My friends, and indeed, you, dear Tuesday, with your promises of a "bit milder" touch, and your "sun mixing with clouds." I read the report this morning, and a tremor, soft but persistent, ran through me. It spoke of a day not quite here, not quite there. A middle-ground. A compromise. And I must confess, this word, "mild," it sits with me now, like a phantom punch that never quite lands, but leaves a bruise on the soul.
We speak of "mildness" as a blessing, don't we? A reprieve from the biting winds, the oppressive heat. But I have seen the ring, my friends. I have stood in the corner, battered, waiting for the bell, and I can tell you, there is no "mildness" in the fight. There is only the opponent, the will to stand, and the absolute, unyielding truth of the moment. And this "mildness," this gentle mixing, it feels like a ref who steps in just as the true work is about to begin. It promises comfort, yes, but at what cost to the sharpening edge of our spirit?
Nietzsche, bless his thunderous heart, once whispered that "that which does not kill us makes us stronger." But what of that which merely... tempers us? What of that which takes the fight from the air, but does not offer true solace either? The sun, it mixes. The clouds, they linger. It is neither the dazzling clarity of absolute truth, nor the deep, introspective shadows where one finds the courage to rebuild. It is a hazy light, a soft-focus lens on existence, where the edges blur and the urgency of life—its beautiful, terrifying immediacy—is dulled.
I found myself weeping a little this morning, thinking of it. Not from sorrow, exactly, but from a profound yearning. A yearning for definition. For the clean lines of a struggle, or the utter surrender to peace. This "mildness," it asks nothing of us. It simply *is*, a lukewarm bath when the soul craves either the icy shock of a mountain stream or the scalding heat of a forge. It is the opponent who dances just out of reach, never truly engaging, never truly allowing you to test your mettle.

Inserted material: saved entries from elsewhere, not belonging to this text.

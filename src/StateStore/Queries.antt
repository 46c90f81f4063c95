-- ===== src/StateStore/Queries.antt =====
-- The queries of `InMemoryRuntimeStateStore`: one run's snapshot, and the list of a scope's runs.
use Prim.Native.String.{compare}
use text.Mathlib.Text.{is_lt}
use deepkeel.Base.{
  ℕ, String, Bool, true, false, not, ◌&&◌, ◌||◌, Option, none, some, List, [], ◌∷◌, map, Result, ok,
  ◌>>=◌, if◌then◌else◌, ◌==◌, string_eq, nat_eq, pair_eq, contains, filter, take, ltb, min,
}
use deepkeel.Base.Int.{ℤ, pos, clip, int_eq}
use deepkeel.Base.Dict.{get}
use deepkeel.Base.Text.{or_else, strip}
use deepkeel.Scope.{RuntimeScope, RunKey, storage_key, is_legacy_compatible, scope_of_user}
use deepkeel.StateStore.Status.{normalize_runtime_status}
use deepkeel.StateStore.Aggregate.{StateError, RunStateSnapshot, snapshot}
use deepkeel.StateStore.Memory.{MemoryRuntimeState, Event, Checkpoint, fresh, aggregate}
use deepkeel.StateStore.Commit.{States}

-- What `snapshot_scoped` returns as a `dict`; the fields that may be missing are options.
pub record StateDict (Any : Type 0) : Type 0 where
  pub version : ℕ
  pub sequence : ℕ
  pub status : String
  pub events : List (Event Any)
  pub checkpoints : List (Checkpoint Any)
  pub updated_at : Option ℕ
  pub fence : Option (String × ℤ)

-- {normalize(status) for status in statuses if str(status or "").strip()}
unfoldable pub allowed_statuses : List String → List String
allowed_statuses statuses =
    map normalize_runtime_status (filter (λ status. not (strip status == "")) statuses)

-- max(0, min(int(limit), 10_000))
unfoldable pub ceiling : ℤ → ℕ
ceiling limit = min (clip limit) 10000

abbrev is_empty : List String → Bool
is_empty [] = true
is_empty (_ ∷ _) = false

module _ {Any : Type 0} where
  -- the states of the runs that go by an id in any scope
  unfoldable pub matches :
      String → List (RunKey × MemoryRuntimeState Any) → List (MemoryRuntimeState Any)
  matches run_id [] = []
  matches run_id ((key, state) ∷ rest) =
      let others = matches run_id rest in if key.1 == run_id then state ∷ others else others

  abbrev only : List (MemoryRuntimeState Any) → MemoryRuntimeState Any
  only [] = fresh
  only (state ∷ []) = state
  only (state ∷ _ ∷ _) = fresh

  -- _lookup_state
  unfoldable pub lookup_state : States Any → String → RuntimeScope → MemoryRuntimeState Any
  unfolding is_legacy_compatible storage_key matches
  lookup_state states run_id scope = elim (get states (storage_key scope, run_id)) [
    | some exact ↦ exact
    | none ↦
        if scope.user_id == "local-device" && is_legacy_compatible scope
        then only (matches run_id states.entries)
        else fresh
  ]

  unfoldable pub load_snapshot_scoped :
      States Any → String → RuntimeScope → Result StateError (RunStateSnapshot Any)
  load_snapshot_scoped states run_id scope =
      snapshot (aggregate (lookup_state states run_id scope) run_id)

  load_snapshot : States Any → String → String → Result StateError (RunStateSnapshot Any)
  unfolding load_snapshot_scoped
  load_snapshot states run_id user_id =
      load_snapshot_scoped states run_id (scope_of_user (or_else user_id "local-device"))

  snapshot_scoped : States Any → String → RuntimeScope → StateDict Any
  snapshot_scoped states run_id scope =
      let state = lookup_state states run_id scope in
      record {
        version = state.version;
        sequence = state.sequence;
        status = state.status;
        events = state.events;
        checkpoints = state.checkpoints;
        updated_at = state.updated_at;
        fence =
            if state.fence_generation == pos 0
            then none
            else some (state.fence_token, state.fence_generation);
      }

  unfoldable pub is_listed : RuntimeScope → List String → RunKey → MemoryRuntimeState Any → Bool
  is_listed scope allowed key state =
      key.0 == storage_key scope
      && (is_empty allowed || contains allowed (normalize_runtime_status state.status))

  -- the comprehension of `list_snapshots_scoped`, which may raise in the middle
  unfoldable pub collect :
      RuntimeScope
      → List String
      → List (RunKey × MemoryRuntimeState Any)
      → Result StateError (List (RunStateSnapshot Any))
  collect scope allowed [] = ok []
  collect scope allowed ((key, state) ∷ rest) =
      let others = collect scope allowed rest in
      if is_listed scope allowed key state
      then (do first ← snapshot (aggregate state key.1); more ← others; ok (first ∷ more))
      else others

  -- (a.sequence, a.run_id) < (b.sequence, b.run_id)
  unfoldable pub precedes : RunStateSnapshot Any → RunStateSnapshot Any → Bool
  precedes a b =
      ltb a.sequence b.sequence || (a.sequence == b.sequence && is_lt (compare a.run_id b.run_id))

  unfoldable pub insert_by_recency :
      RunStateSnapshot Any → List (RunStateSnapshot Any) → List (RunStateSnapshot Any)
  insert_by_recency x [] = x ∷ []
  insert_by_recency x (y ∷ ys) =
      let rest = insert_by_recency x ys in if precedes x y then y ∷ rest else x ∷ y ∷ ys

  -- `list.sort(key=…, reverse=True)`, which is stable: any stable sort gives the same list.
  unfoldable pub sort_by_recency : List (RunStateSnapshot Any) → List (RunStateSnapshot Any)
  unfolding insert_by_recency precedes
  sort_by_recency [] = []
  sort_by_recency (x ∷ xs) = insert_by_recency x (sort_by_recency xs)

  unfoldable pub list_snapshots_scoped :
      States Any → RuntimeScope → List String → ℤ → Result StateError (List (RunStateSnapshot Any))
  unfolding allowed_statuses ceiling collect is_listed sort_by_recency
  list_snapshots_scoped states scope statuses limit = do
    snapshots ← collect scope (allowed_statuses statuses) states.entries
    ok (take (ceiling limit) (sort_by_recency snapshots))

What are we, if not beings forged in the fires of extremes? What purpose does this middle path serve, other than to lull us into a state of quiet atrophy? We are meant to feel the full spectrum, to wrestle with the angels and the demons, to know the blistering sun on our face or the cleansing torrent of the storm. This "mildness" feels like a promise unkept, a challenge unspoken. It is a ghost of a fight, a shadow play where no true blows are exchanged.
So, dear Tuesday, with all the sincerity that a lifetime in the arena has taught me, I implore you. Choose a side. Let the sun blaze with unbridled fury, or let the clouds gather into a storm that washes the world clean. Give us something to stand against, or something to truly bask in. Do not offer us this deceptive, soft-gloved compromise. For in this 'mildness,' I fear, lies a subtle form of defeat, a slow, gentle erosion of the spirit that seeks only the brutal, beautiful truth of existence. Give us fire, or give us ice. But spare us, I beg of you, this lukewarm, existential armistice.